Did you know that stock market forecasts are less accurate than weather forecasts? Every calendar year, stock market forecasters publish their new expectations. The flaw in this system is that calendar years are arbitrary for the stock market. Each day, investors are bombarded with thousands of new pieces of information about the economy, interest rates, inflation, individual companies, currency exchange rates, commodity prices, and international conflicts.

However, stock market forecasts are not a useless exercise. There is value in the interpretation of information. Rather than focus on the level of the forecast, investors are wise to dig deeper into the content and information supporting the forecast. The message here is to go deep. Question every 30-second spot on television and radio. Check the primary sources cited in magazines and newspapers. Intelligence is no match for the power of curiosity.

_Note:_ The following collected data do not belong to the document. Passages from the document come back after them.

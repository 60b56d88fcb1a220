-- ===== src/Tree/Tests.antt =====
-- The theorems of `Tree` at small trees.
use native.Mathlib.Nat.{mod-lt}
use bombadil.Common.{ℕ, ◌+◌, ◌%◌, ◌≡◌, refl, ltb, some, [], arith}
use bombadil.Common.Run.{ok, Comp, return, ◌>>=◌}
use bombadil.Tree.{
  Tree, leaf, branch, none_left, weighted, try_map, filter, prune, pick, pick_from, Rng, IsBounded,
}
use bombadil.Tree.Leaves.{leaves, leaves-filter, satisfying}
use bombadil.Tree.Mapped.{leaves-try_map, traverse, at_leaf}
use bombadil.Tree.Prune.{Prunes, prune-Prunes, IsPruned, prune-IsPruned}
use bombadil.Tree.Pick.{
  IsSummable, IsPickable, Outcome, pick-Outcome, pick_from-window, weights, join,
}
use bombadil.Tree.Choice.{IsPositive, Chooses, pick-prune-filter-Chooses}

abbrev two_left : Tree ℕ
two_left =
    branch (weighted 1 (leaf 1) (weighted 3 (branch (weighted 2 (leaf 2) none_left)) none_left))

abbrev with_empty : Tree ℕ
with_empty = branch (
    weighted 1 (leaf 1) (
      weighted 3 (branch (weighted 2 (leaf 2) (weighted 1 (branch none_left) none_left)))
        (weighted 1 (branch none_left) none_left)))

prunes_empty : prune with_empty ≡ some two_left
unfolding prune
prunes_empty = refl

-- Each number is the state, up to the range.
abbrev counter : Rng
counter = record { State = ℕ; random_range = λ n r. (r % n, r + 1) }

counter-IsBounded : IsBounded counter
counter-IsBounded n r h = mod-lt r h

picks_second : pick counter two_left 3 ≡ ok 2 5
unfolding pick
picks_second = refl

pick-Outcome_example : Outcome (leaves two_left []) (IsPickable two_left) (pick counter two_left 3)
unfolding IsSummable weights
pick-Outcome_example = pick-Outcome counter counter-IsBounded two_left 3 summable
  where
    summable : IsSummable two_left
    summable = omega arith

pick_from-window_example :
    pick_from {T = ℕ} counter
      (join (weighted 1 (leaf 1) none_left) (weighted 3 (leaf 2) none_left))
      (weights {T = ℕ} (weighted 1 (leaf 1) none_left) + 2)
      0
    ≡ pick counter (leaf 2) 0
pick_from-window_example =
    pick_from-window counter (weighted 1 (leaf 1) none_left) 3 (leaf 2) none_left 2 0 (omega arith)

prune-Prunes_example : Prunes with_empty (prune with_empty)
prune-Prunes_example = prune-Prunes with_empty

prune-IsPruned_example : prune two_left ≡ some two_left
unfolding IsPruned
prune-IsPruned_example = prune-IsPruned two_left (omega arith)

leaves-filter_example :
    leaves (filter (ltb 1) with_empty) [] ≡ satisfying (ltb 1) (leaves with_empty [])
leaves-filter_example = leaves-filter (ltb 1) with_empty []

-- Adds to each value how many came before it.
abbrev counted : ℕ → Comp ℕ ℕ ℕ
counted value n = ok (value + n) (n + 1)

leaves-try_map_example :
    (try_map counted with_empty >>= λ t. return (leaves t [])) 5
    ≡ traverse (at_leaf counted) (leaves with_empty []) 5
leaves-try_map_example = leaves-try_map counted with_empty [] 5

pick-prune-filter-Chooses_example :
    Chooses counter (ltb 1) with_empty (prune (filter (ltb 1) with_empty)) 3
unfolding IsPositive IsSummable weights
pick-prune-filter-Chooses_example =
    pick-prune-filter-Chooses counter (ltb 1) counter-IsBounded with_empty 3 (omega arith)
      (omega arith)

In the end, investors are best served by taking a longer-term view on the markets. As we learned from 2016, the “worst start” for any year on record in US stock markets became an 11.96% year for the S&P 500 Index. Over the course of an investor’s lifetime, there will be bull and bear markets, economic expansions and recessions, Republican and Democrat administrations, tax cuts and hikes, high and low inflation, war and peace. Rather than running in circles trying to predict the future, spend time focusing on how to build a portfolio that will withstand a wide range of possibilities; hopefully providing adequate return for the amount of risk in the process.

 

Footnotes:

[1] Press Release; December 14, 2016, Board of Governors of the Federal Reserve System: https://www.federalreserve.gov/newsevents/press/monetary/20161214a.htm

[2] “A Post Election Discussion with the Muni Team Managers”, Thornburg Investment Management, December 2016.

[3] “Impact of Potential Tax Reform”, Schwartz, Jeremy and Russell, John; Wisdom Tree Investments; January 13, 2017, https://www.wisdomtree.com/blog/2017-01-13/Impact-of-Potential-Tax-Reform

[4] “Understanding the 2017 Income Tax Reform Proposals: President Trump vs House Republicans”, Michael Kitces, November 30, 2016; https://www.kitces.com/blog/understanding-the-2017-income-tax-reform-proposals-president-trump-vs-the-house-republicans/

 

Disclosures:
•    All expressions of opinion reflect the judgment of the authors as of the date of publication and are subject to change. It should not be regarded as a complete analysis of the subjects discussed.

•    Information presented does not involve the rendering of personalized investment advice and should not be construed as an offer to buy or sell, or a solicitation of any offer to buy or sell the securities mentioned herein. Tax information is general in nature and should not be viewed as legal or tax advice. Always consult an attorney or tax professional regarding your specific legal or tax situation.